***** Information provided

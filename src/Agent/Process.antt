-- ===== src/Agent/Process.antt =====
-- src/agent/server.rs, `run_pulumi_streaming`: the output of a Pulumi process, as it is collected.
-- What the process does, and what is read of lines that are JSON, are parameters.
pub mod Bounds
use pulumi_rs_kube_operator.Base.{
  ℕ, ◌*◌, Bool, true, false, ◌||◌, not, Option, none, some, or_else, and_then, List, [], ◌∷◌, ◌++◌,
  map, find, take, retain, Text, text, length, ltb, contains, starts_with, if◌then◌else◌,
}
use pulumi_rs_kube_operator.Controllers.Protocol.{Outputs, OutputValue}
use pulumi_rs_kube_operator.Controllers.Secret.{Entries, join_with}
use pulumi_rs_kube_operator.Agent.Redact.{lines, newline}

abbrev pub max_output_bytes : ℕ
max_output_bytes = 16 * 1024 * 1024

-- What becomes of a process: it cannot be started, or it is cancelled after some lines, or it ends
-- with its exit status, where an error of waiting is a failure.
pub data Process : Type 0 where
  unspawned : (message : Text) → Process
  cancelled : (stdout : List Text) → Process
  ended : (stdout stderr : List Text) (success : Bool) → Process

-- What is read of a line of JSON: the permalink of an event, and the outputs of a summary, as the
-- texts of their values.
pub record Json : Type 0 where
  pub permalink_of : Text → Option Text
  pub outputs_of : Text → Option Entries

pub record PulumiResult : Type 0 where
  pub stdout : Text
  pub stderr : Text
  pub permalink : Option Text
  pub outputs : Outputs
  pub failed : Bool

-- A line is added while the text is below the limit.
unfoldable pub push_line : Text → Text → Text
push_line acc line = if ltb (length acc) max_output_bytes then acc ++ line ++ newline ∷ [] else acc

unfoldable pub collect_lines : Text → List Text → Text
unfolding push_line
collect_lines acc [] = acc
collect_lines acc (l ∷ ls) = collect_lines (push_line acc l) ls

-- The last permalink.
unfoldable pub last_permalink : Json → Option Text → List Text → Option Text
last_permalink json found [] = found
last_permalink json found (l ∷ ls) =
    last_permalink json (elim (json.permalink_of l) [ none ↦ found | some link ↦ some link ]) ls

-- `lines().rev().find(p)`
unfoldable pub find_last : (Text → Bool) → List Text → Option Text
find_last p [] = none
find_last p (l ∷ ls) = elim (find_last p ls) [
  | some found ↦ some found
  | none ↦ if p l then some l else none
]

unfoldable pub parse_outputs : Json → Text → Outputs
unfolding find_last
parse_outputs json stdout =
    let summary = find_last (λ l. starts_with (text "{") l) (lines stdout) in
    map (λ e. (e.0, record { value = e.1; secret = false }))
      (or_else (and_then summary json.outputs_of) [])

-- The message of a failed run that wrote no error.
unfoldable pub diagnose : Text → Text
diagnose stdout =
    elim (take 5
      (retain (λ l. contains l (text "error:") || contains l (text "Error")) (lines stdout))) [
        | [] ↦ text "pulumi command failed (non-zero exit code)"
        | d ∷ ds ↦ join_with (text "; ") (d ∷ ds)
      ]

unfoldable pub error_text : (failed : Bool) → (stdout stderr : Text) → Text
unfolding diagnose
error_text false stdout stderr = stderr
error_text true stdout [] = diagnose stdout
error_text true stdout (c ∷ cs) = c ∷ cs

unfoldable pub run_pulumi_streaming : Json → Process → PulumiResult
unfolding collect_lines last_permalink parse_outputs error_text
run_pulumi_streaming json (unspawned message) = record {
  stdout = [];
  stderr = text "failed to spawn pulumi: " ++ message;
  permalink = none;
  outputs = [];
  failed = true;
}
run_pulumi_streaming json (cancelled out) = record {
  stdout = collect_lines [] out;
  stderr = text "operation cancelled by operator";
  permalink = last_permalink json none out;
  outputs = [];
  failed = true;
}
run_pulumi_streaming json (ended out errors success) =
    let stdout = collect_lines [] out in
    record {
      stdout = stdout;
      stderr = error_text (not success) stdout (collect_lines [] errors);
      permalink = last_permalink json none out;
      outputs = parse_outputs json stdout;
      failed = not success;
    }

**********

> Activity:
Copy out the lines of the records above in which the string "take" appears.

> Completed exercise:
  map, find, take, retain, Text, text, length, ltb, contains, starts_with, if◌then◌else◌,
    elim (take 5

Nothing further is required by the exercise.